Opinion
3:21-CV-6 DRL-MGG
06-29-2021
OPINION AND ORDER
Damon R. Leichty Judge
Hosey Whitmore, a prisoner without a lawyer, filed a complaint against Dental Director Willie Rucker, Regional Dental Director Dr. Pearcy, and Wexford of Indiana, LLC, because he was unhappy with the dental care he received while incarcerated at Indiana State Prison. ECF 1. “A document filed pro se is to be liberally construed, and a pro se complaint, however inartfully pleaded, must be held to less stringent standards than formal pleadings drafted by lawyers.” Erickson v. Pardus, 551 U.S. 89, 94 (2007) (quotation marks and citations omitted). Under 28 U.S.C. § 1915A, the court still must review the merits of a prisoner complaint and dismiss it if the action is frivolous or malicious, fails to state a claim upon which relief may be granted, or seeks monetary relief against an immune defendant.
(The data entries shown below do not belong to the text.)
-- ===== src/Vm/Delete.antt =====
-- `vm_delete` of virtualization/vms/vm.c.
use homeserver_os.Base.{
  ℕ, ◌+◌, ◌-◌, ◌≡◌, ◌≢◌, refl, sym, ◌∙◌, arith, none, some, take, if◌then◌else◌, inl, inr,
  Option-cases, Bool-cases,
}
use homeserver_os.Base.Int.{pos, minus_one}
use homeserver_os.Base.Table.{find_index, update_first, shift_down, erase_first, erase_idx}
use homeserver_os.Base.Table.Ids.{has_id, find-erase_first_self, find-erase_first_ne}
use homeserver_os.Base.Table.Laws.{find_index-some, find_index-none, find_index_missing}
use homeserver_os.Base.Table.Updates.{update_first-Updated, erase_idx-replace_first}
use homeserver_os.Base.Table.Valid.{IsTable, IsTable-update_first}
use homeserver_os.Base.Table.Close.{take-close_up, IsTable-close_up}
use homeserver_os.Vm.{
  Vms, Vm, vm_id, get, answer, stop_vm, stop as vm_stop, delete, is_running_at, max_vms,
}
use homeserver_os.Vm.Create.{live, IsSlot, IsValid, get-eq-find}
use homeserver_os.Vm.Control.{stop, body-id, body-IsSlot}

-- What `vm_delete` leaves: the machine is gone, and the others stand in their order, unchanged.
pub record Deleted (id : ℕ) (s t : Vms) : Type 0 where
  pub removed : live t ≡ erase_first (has_id vm_id id) (live s)
  pub gone : get id t ≡ none
  pub others : (j : ℕ) → j ≢ id → get j t ≡ get j s
  pub fewer : t.count + 1 ≡ s.count
  pub same_counter : t.next_id ≡ s.next_id
  pub valid : IsValid t

-- What the machines are when the later ones are about to move down: erasing the one at `i` gives
-- the same list whether it was stopped before or not.
record Ready (id i : ℕ) (s t : Vms) : Type 0 where
  same_count : t.count ≡ s.count
  same_counter : t.next_id ≡ s.next_id
  erased : erase_idx i (live t) ≡ erase_first (has_id vm_id id) (live s)
  valid : IsValid t

module _ (id : ℕ) (s : Vms) (v : IsValid s) where
  stop-Ready :
      (i : ℕ) → find_index (has_id vm_id id) s.count s.vms ≡ some i → Ready id i s (vm_stop id s).1
  unfolding vm_stop answer
  stop-Ready i at_i = elim (Option-cases (update_first (has_id vm_id id) stop_vm s.count s.vms)) [
    | inl e ↦
        rw (e, answer)
          (record {
            same_count = refl;
            same_counter = refl;
            erased = (find_index-some (has_id vm_id id) s.count s.vms at_i).1;
            valid = v;
          })
    | inr (vms, e) ↦
        let u = update_first-Updated (has_id vm_id id) stop_vm s.count s.vms e in
        rw (e, answer)
          (record {
            same_count = refl;
            same_counter = refl;
            erased = rw u.live (erase_idx-replace_first (has_id vm_id id) u.new s.count s.vms at_i);
            valid =
                IsTable-update_first vm_id IsSlot v id stop_vm (body-id stop) (body-IsSlot stop) e;
          })
  ]

  prepared-Ready :
      (i : ℕ)
      → find_index (has_id vm_id id) s.count s.vms ≡ some i
      → Ready id i s (if is_running_at i s then (vm_stop id s).1 else s)
  prepared-Ready i at_i = elim (Bool-cases (is_running_at i s)) [
    | inl e ↦ rw e (stop-Ready i at_i)
    | inr e ↦ rw e (record {
      same_count = refl;
      same_counter = refl;
      erased = (find_index-some (has_id vm_id id) s.count s.vms at_i).1;
      valid = v;
    })
  ]

  -- The move of the later machines over the one at `i`.
  close_up : ℕ → Vms → Vms
  close_up i t = record t { vms = shift_down (t.count - 1 - i) i t.vms; count = t.count - 1 }

  close_up-Deleted :
      (i : ℕ) (t : Vms)
      → find_index (has_id vm_id id) s.count s.vms ≡ some i
      → Ready id i s t
      → Deleted id s (close_up i t)
  unfolding close_up
  close_up-Deleted i t at_i r =
      let u = close_up i t in
      let count = r.same_count in
      let counter = r.same_counter in
      let w : IsTable vm_id IsSlot max_vms t.vms s.count s.next_id =
        rw (count, counter) at r.valid in
      let erased : erase_idx i (take s.count t.vms) ≡ erase_first (has_id vm_id id) (live s) =
        rw count at r.erased in
      let removed : live u ≡ erase_first (has_id vm_id id) (live s) =
        rw count (take-close_up vm_id IsSlot v w (has_id vm_id id) i at_i erased) in
      record {
        removed = removed;
        gone =
            rw (get-eq-find id u, removed)
              (find-erase_first_self vm_id id 1 s.next_id (live s) v.ids);
        others = λ j ne.
            rw (get-eq-find j u, get-eq-find j s, removed)
              (find-erase_first_ne vm_id id j (live s) ne);
        fewer = omega (arith, count, find_index-some (has_id vm_id id) s.count s.vms at_i);
        same_counter = counter;
        valid =
            rw (count, counter) (IsTable-close_up vm_id IsSlot v w (has_id vm_id id) i at_i erased);
      }

  -- An id in use: 0 is returned and the machine leaves the table, running or not.
  pub delete-Deleted :
      (vm : Vm) → get id s ≡ some vm → (t : Vms) × (delete id s ≡ (pos 0, t)) × Deleted id s t
  unfolding delete close_up
  delete-Deleted vm found = elim (Option-cases (find_index (has_id vm_id id) s.count s.vms)) [
    | inl e ↦
        absurd
          (cc (find_index-none (has_id vm_id id) s.count s.vms e, sym (get-eq-find id s) ∙ found))
    | inr (i, at_i) ↦
        let t : Vms = if is_running_at i s then (vm_stop id s).1 else s in
        (close_up i t, rw (at_i, delete), close_up-Deleted i t at_i (prepared-Ready i at_i))
  ]

  -- An id that is not in use: -1, and nothing changes.
  pub delete-missing : get id s ≡ none → delete id s ≡ (minus_one, s)
  unfolding delete
  delete-missing missing = rw (
    find_index_missing (has_id vm_id id) s.count s.vms (sym (get-eq-find id s) ∙ missing),
    delete,
  )
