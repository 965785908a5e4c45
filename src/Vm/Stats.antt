-- ===== src/Vm/Stats.antt =====
-- `vm_add_disk` and `vm_update_stats` of virtualization/vms/vm.c.
use homeserver_os.Base.{
  ℕ, ◌+◌, ◌*◌, ◌/◌, ◌%◌, ◌^◌, ◌<◌, ◌≤◌, ◌≡◌, ◌≢◌, refl, ap, sym, ◌∙◌, true, false, List, arith,
  Option, none, some, take, ◌&&◌, leb, if◌then◌else◌, inl, inr, some_inj, get_elem?, Option-cases,
}
use homeserver_os.Base.Int.{pos, minus_one}
use homeserver_os.Base.Text.{text, copy_text, text-copy_text, length-copy_text}
use homeserver_os.Base.Table.{find, update_first, update_at}
use homeserver_os.Base.Table.Ids.{has_id, find-map}
use homeserver_os.Base.Table.Slots.{
  All-get_elem?, All-update_at, length-update_at, get_elem?-update_at, get_elem?-some, All-find,
}
use homeserver_os.Base.Table.Updates.{
  update_first-Updated, update_first-some, update_first_unfit, take-update_all,
}
use homeserver_os.Base.Table.Valid.{
  IsTable-update_first, IsTable-update_all, find_updated_self, find_updated_ne,
}
use homeserver_os.Vm.{
  Vms, Vm, Disk, vm_id, get, is_running, answer, add_disk_to, add_disk, sample, update_stats,
}
use homeserver_os.Vm.Create.{live, IsSlot, IsValid, HasPath, get-eq-find}
use mathlib.Core.Option
use mathlib.Core.Path.{subst}
use native.Mathlib.Decide.{dec_lt}

-- The parameters of one call of `vm_add_disk`.
module _ (path : List ℕ) (size_gb is_boot : ℕ) where
  abbrev attach : Vm → Option Vm
  attach = add_disk_to path size_gb is_boot

  attach-id : (v w : Vm) → attach v ≡ some w → vm_id w ≡ vm_id v
  unfolding add_disk_to
  attach-id v w e = ground arith

  -- The machine `w` is `v` with one more disk, which has the parameters of the call.
  pub record HasMore (v w : Vm) : Type 0 where
    pub disk : Disk
    pub stored : get_elem? w.disks v.disk_count ≡ some disk
    pub more : w.disk_count ≡ v.disk_count + 1
    pub at_path : text disk.path ≡ take 255 (text path)
    pub sized : disk.size_gb ≡ size_gb
    pub boots : disk.is_boot_disk ≡ is_boot
    pub same_state : w.state ≡ v.state
    pub same_name : w.name ≡ v.name

  store : Disk → Disk
  store disk = record {
    path = copy_text 255 path disk.path;
    size_gb = size_gb;
    is_boot_disk = is_boot;
  }

  attached : Vm → Vm
  unfolding store
  attached v = record v {
    disks = update_at v.disk_count store v.disks;
    disk_count = v.disk_count + 1;
  }

  attach-attached : (v : Vm) → v.disk_count < 8 → attach v ≡ some (attached v)
  unfolding add_disk_to attached
  attach-attached v h = let room : leb 8 v.disk_count ≡ false = ground arith in rw room

  attach-full : (v : Vm) → 8 ≤ v.disk_count → attach v ≡ none
  unfolding add_disk_to
  attach-full v h = let full : leb 8 v.disk_count ≡ true = ground arith in rw full

  attached-HasMore : (v : Vm) → IsSlot v → v.disk_count < 8 → HasMore v (attached v)
  unfolding attached
  attached-HasMore v h room =
      let (d, e) = get_elem?-some v.disk_count v.disks (omega (arith, h.disks_size)) in
      record {
        disk = store d;
        stored = get_elem?-update_at v.disk_count store v.disks e;
        more = refl;
        at_path =
            text-copy_text 255 path d.path
              (omega (arith, All-get_elem? HasPath v.disk_count v.disks h.paths e));
        sized = refl;
        boots = refl;
        same_state = refl;
        same_name = refl;
      }

  store-HasPath : (d : Disk) → HasPath d → HasPath (store d)
  unfolding store
  store-HasPath d h = length-copy_text 255 path d.path ∙ h

  attached-IsSlot : (v : Vm) → IsSlot v → v.disk_count < 8 → IsSlot (attached v)
  unfolding attached
  attached-IsSlot v h room = record {
    arrays = record {
      name_size = h.name_size;
      disks_size = length-update_at v.disk_count store v.disks ∙ h.disks_size;
      paths = All-update_at HasPath v.disk_count store store-HasPath v.disks h.paths;
      disks_fit = omega arith;
    };
    not_starting = h.not_starting;
    not_stopping = h.not_stopping;
  }

  attach-IsSlot : (v w : Vm) → IsSlot v → attach v ≡ some w → IsSlot w
  attach-IsSlot v w h e = elim (dec_lt v.disk_count 8) [
    | yes room ↦
        subst IsSlot (some_inj (sym (attach-attached v room) ∙ e)) (attached-IsSlot v h room)
    | no full ↦ absurd (cc (e, attach-full v (omega arith)))
  ]

  -- What a successful `vm_add_disk` leaves.
  pub record Attached (id : ℕ) (v : Vm) (s t : Vms) : Type 0 where
    pub vm : Vm
    pub found : get id t ≡ some vm
    pub has_more : HasMore v vm
    pub others : (j : ℕ) → j ≢ id → get j t ≡ get j s
    pub same_count : t.count ≡ s.count
    pub valid : IsValid t

  module _ (id : ℕ) (s : Vms) (valid : IsValid s) (v : Vm) (found : get id s ≡ some v) where
    here : find (has_id vm_id id) (live s) ≡ some v
    here = sym (get-eq-find id s) ∙ found

    -- A machine with fewer than 8 disks gets the disk behind those that it has, and 0 is returned.
    pub add_disk-Attached :
        v.disk_count < 8
        → (t : Vms) × (add_disk id path size_gb is_boot s ≡ (pos 0, t)) × Attached id v s t
    unfolding add_disk answer
    add_disk-Attached room =
        let slot = All-find IsSlot (has_id vm_id id) s.count s.vms valid.slots here in
        let (vms, made) =
          update_first-some (has_id vm_id id) attach s.count s.vms here (attach-attached v room) in
        let u = update_first-Updated (has_id vm_id id) attach s.count s.vms made in
        let t : Vms = record s { vms = vms } in
        let old : u.old ≡ v = some_inj (sym u.found ∙ here) in
        let new : u.new ≡ attached v =
          some_inj (sym (rw old at u.passed) ∙ attach-attached v room) in
        (
          t,
          rw made,
          record {
            vm = attached v;
            found = rw (get-eq-find id t) (
                find_updated_self vm_id IsSlot valid id attach attach-id made
                ∙ ap (λ w. some w) new);
            has_more = attached-HasMore v slot room;
            others = λ j ne.
                rw (get-eq-find j t, get-eq-find j s)
                  (find_updated_ne vm_id IsSlot valid id j attach attach-id ne made);
            same_count = refl;
            valid = IsTable-update_first vm_id IsSlot valid id attach attach-id attach-IsSlot made;
          },
        )

    -- A machine with 8 disks is refused a ninth: -1, and nothing changes.
    pub add_disk-full : 8 ≤ v.disk_count → add_disk id path size_gb is_boot s ≡ (minus_one, s)
    unfolding add_disk answer
    add_disk-full full =
        rw (update_first_unfit (has_id vm_id id) attach s.count s.vms here (attach-full v full))

  pub add_disk-IsValid :
      (id : ℕ) (s : Vms) → IsValid s → IsValid (add_disk id path size_gb is_boot s).1
  unfolding add_disk answer
  add_disk-IsValid id s v =
      elim (Option-cases (update_first (has_id vm_id id) attach s.count s.vms)) [
        | inl e ↦ rw (e, answer) v
        | inr (vms, e) ↦
            rw (e, answer) (IsTable-update_first vm_id IsSlot v id attach attach-id attach-IsSlot e)
      ]

-- The change that `vm_update_stats` makes to a machine under any id.
abbrev pub sampled : ℕ → Vm → Vm
sampled id v = if has_id vm_id id v && is_running v then sample id v else v

sampled-id : (id : ℕ) (v : Vm) → vm_id (sampled id v) ≡ vm_id v
unfolding sample
sampled-id id v = ground arith

sample-IsSlot : (id : ℕ) (v : Vm) → IsSlot v → IsSlot (sample id v)
unfolding sample
sample-IsSlot id v h = record {
  arrays = record {
    name_size = h.name_size;
    disks_size = h.disks_size;
    paths = h.paths;
    disks_fit = h.disks_fit;
  };
  not_starting = h.not_starting;
  not_stopping = h.not_stopping;
}

pub update_stats-IsValid : (id : ℕ) (s : Vms) → IsValid s → IsValid (update_stats id s)
unfolding update_stats
update_stats-IsValid id s v =
    IsTable-update_all vm_id IsSlot v (λ w. has_id vm_id id w && is_running w) (sample id)
      (sampled-id id) (sample-IsSlot id)

-- `vm_update_stats` samples the machine under the id if it runs, and no other.
pub get-update_stats :
    (id j : ℕ) (s : Vms) → get j (update_stats id s) ≡ Option.map (sampled id) (get j s)
unfolding update_stats
get-update_stats id j s =
    rw
      (
        get-eq-find j (update_stats id s),
        get-eq-find j s,
        take-update_all (λ w. has_id vm_id id w && is_running w) (sample id) s.count s.vms,
      )
      (find-map vm_id (sampled id) (sampled-id id) j (live s))

le_scaled : (m a b : ℕ) → a ≤ b → m * a ≤ m * b
le_scaled m a b h = grind arith

-- A sample is in range: the processor between 20 and 59 per cent, and, for a machine whose memory
-- is small enough for 32-bit arithmetic, between 50 and 79 per cent of the memory, rounded down.
pub sample_range :
    (id : ℕ) (v : Vm)
    → v.size_mb * 79 < 2 ^ 32
    → (20 ≤ (sample id v).cpu_usage)
      × ((sample id v).cpu_usage < 60)
      × (v.size_mb * 50 / 100 ≤ (sample id v).memory_usage)
      × ((sample id v).memory_usage ≤ v.size_mb * 79 / 100)
unfolding sample
sample_range id v h =
    let below : v.size_mb * (id % 30) ≤ v.size_mb * 29 =
      le_scaled v.size_mb (id % 30) 29 (omega arith) in
    (omega arith, omega arith, omega arith, omega arith)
Mr. Whitmore alleges that, on June 17, 2019, he sent a health care request form because he needed treatment for severe pain on the left side of his mouth. He saw Dr. Willie Rucker three days later. Dr. Rucker ordered an x-ray, and Mr. Whitmore was told that he needed to see a dental surgeon to have his tooth removed. Mr. Whitmore was placed on a waiting list to be seen by an outside provider. He was not provided with pain medication, and he was charged $5.00.
The Constitution does not require free medical care. Poole v. Isaacs, 703 F.3d 1024, 1027 (7th Cir. 2012). Mr. Whitmore does not allege that he was denied necessary care because he could not afford the $5.00 fee, so he cannot proceed on this claim.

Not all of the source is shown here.